Task
Only the lines from the one containing "(s : Bytes) (e" through the final line of the entries below are wanted, each copied exactly.

(Saved entries)
────────
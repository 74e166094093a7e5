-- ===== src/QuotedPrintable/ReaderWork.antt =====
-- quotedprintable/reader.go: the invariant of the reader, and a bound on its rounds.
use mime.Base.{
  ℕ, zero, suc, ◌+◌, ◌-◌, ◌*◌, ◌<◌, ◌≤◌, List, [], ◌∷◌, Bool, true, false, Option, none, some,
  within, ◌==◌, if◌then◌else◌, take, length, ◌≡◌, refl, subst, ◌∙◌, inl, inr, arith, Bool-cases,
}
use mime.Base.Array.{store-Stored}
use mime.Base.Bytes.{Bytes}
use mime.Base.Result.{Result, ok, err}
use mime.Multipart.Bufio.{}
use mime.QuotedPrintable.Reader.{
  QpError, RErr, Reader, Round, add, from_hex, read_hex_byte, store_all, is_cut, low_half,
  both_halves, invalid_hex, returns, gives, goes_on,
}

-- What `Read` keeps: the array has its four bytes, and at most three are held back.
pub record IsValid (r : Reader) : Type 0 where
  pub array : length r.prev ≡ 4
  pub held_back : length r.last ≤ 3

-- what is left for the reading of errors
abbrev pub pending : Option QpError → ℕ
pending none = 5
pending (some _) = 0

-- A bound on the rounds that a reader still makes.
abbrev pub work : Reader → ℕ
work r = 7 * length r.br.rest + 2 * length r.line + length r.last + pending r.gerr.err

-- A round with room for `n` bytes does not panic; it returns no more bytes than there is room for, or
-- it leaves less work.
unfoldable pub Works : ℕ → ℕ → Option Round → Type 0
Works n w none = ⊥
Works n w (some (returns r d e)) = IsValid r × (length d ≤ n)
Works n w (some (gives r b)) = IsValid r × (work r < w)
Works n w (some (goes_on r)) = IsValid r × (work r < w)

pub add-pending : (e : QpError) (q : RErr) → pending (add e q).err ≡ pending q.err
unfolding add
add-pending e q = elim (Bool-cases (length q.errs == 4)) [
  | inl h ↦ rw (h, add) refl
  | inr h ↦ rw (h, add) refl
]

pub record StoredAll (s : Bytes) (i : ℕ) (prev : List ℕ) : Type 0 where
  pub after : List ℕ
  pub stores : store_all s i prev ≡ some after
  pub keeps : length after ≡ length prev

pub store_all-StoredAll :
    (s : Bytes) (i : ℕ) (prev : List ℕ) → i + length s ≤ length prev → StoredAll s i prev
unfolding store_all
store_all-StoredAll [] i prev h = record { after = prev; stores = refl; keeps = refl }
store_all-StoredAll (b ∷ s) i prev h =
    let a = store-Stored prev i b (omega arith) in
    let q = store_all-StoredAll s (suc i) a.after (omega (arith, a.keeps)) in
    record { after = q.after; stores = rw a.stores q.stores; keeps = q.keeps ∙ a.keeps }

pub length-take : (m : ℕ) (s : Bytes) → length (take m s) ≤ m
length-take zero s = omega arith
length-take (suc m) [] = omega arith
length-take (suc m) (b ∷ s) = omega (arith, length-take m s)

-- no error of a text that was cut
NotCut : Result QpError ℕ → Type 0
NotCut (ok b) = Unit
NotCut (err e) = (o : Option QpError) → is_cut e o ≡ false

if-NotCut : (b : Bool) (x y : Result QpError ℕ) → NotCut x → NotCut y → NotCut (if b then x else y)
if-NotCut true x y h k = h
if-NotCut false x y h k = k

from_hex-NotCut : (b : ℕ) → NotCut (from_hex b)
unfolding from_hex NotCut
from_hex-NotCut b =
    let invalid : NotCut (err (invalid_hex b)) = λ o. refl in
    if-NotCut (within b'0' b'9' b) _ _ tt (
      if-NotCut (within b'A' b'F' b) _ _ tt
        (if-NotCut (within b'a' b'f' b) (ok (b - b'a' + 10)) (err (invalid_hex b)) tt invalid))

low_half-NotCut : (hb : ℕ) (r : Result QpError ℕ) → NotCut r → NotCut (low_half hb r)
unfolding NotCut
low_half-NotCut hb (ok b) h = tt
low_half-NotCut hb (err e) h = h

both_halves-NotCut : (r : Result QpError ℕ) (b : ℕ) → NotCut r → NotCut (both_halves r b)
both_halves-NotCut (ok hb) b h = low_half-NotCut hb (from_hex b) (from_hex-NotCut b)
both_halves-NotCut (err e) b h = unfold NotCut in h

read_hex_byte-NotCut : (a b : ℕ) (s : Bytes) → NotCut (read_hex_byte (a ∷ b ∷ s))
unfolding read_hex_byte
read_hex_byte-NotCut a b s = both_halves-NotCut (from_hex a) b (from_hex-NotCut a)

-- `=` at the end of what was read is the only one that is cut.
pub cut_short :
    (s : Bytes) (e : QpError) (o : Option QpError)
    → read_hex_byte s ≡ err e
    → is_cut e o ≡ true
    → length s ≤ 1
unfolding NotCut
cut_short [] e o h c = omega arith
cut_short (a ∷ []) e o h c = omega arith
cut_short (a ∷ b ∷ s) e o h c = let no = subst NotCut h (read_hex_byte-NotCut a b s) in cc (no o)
────────
Response to this task
    (s : Bytes) (e : QpError) (o : Option QpError)
    → read_hex_byte s ≡ err e
    → is_cut e o ≡ true
    → length s ≤ 1
unfolding NotCut
cut_short [] e o h c = omega arith
cut_short (a ∷ []) e o h c = omega arith
cut_short (a ∷ b ∷ s) e o h c = let no = subst NotCut h (read_hex_byte-NotCut a b s) in cc (no o)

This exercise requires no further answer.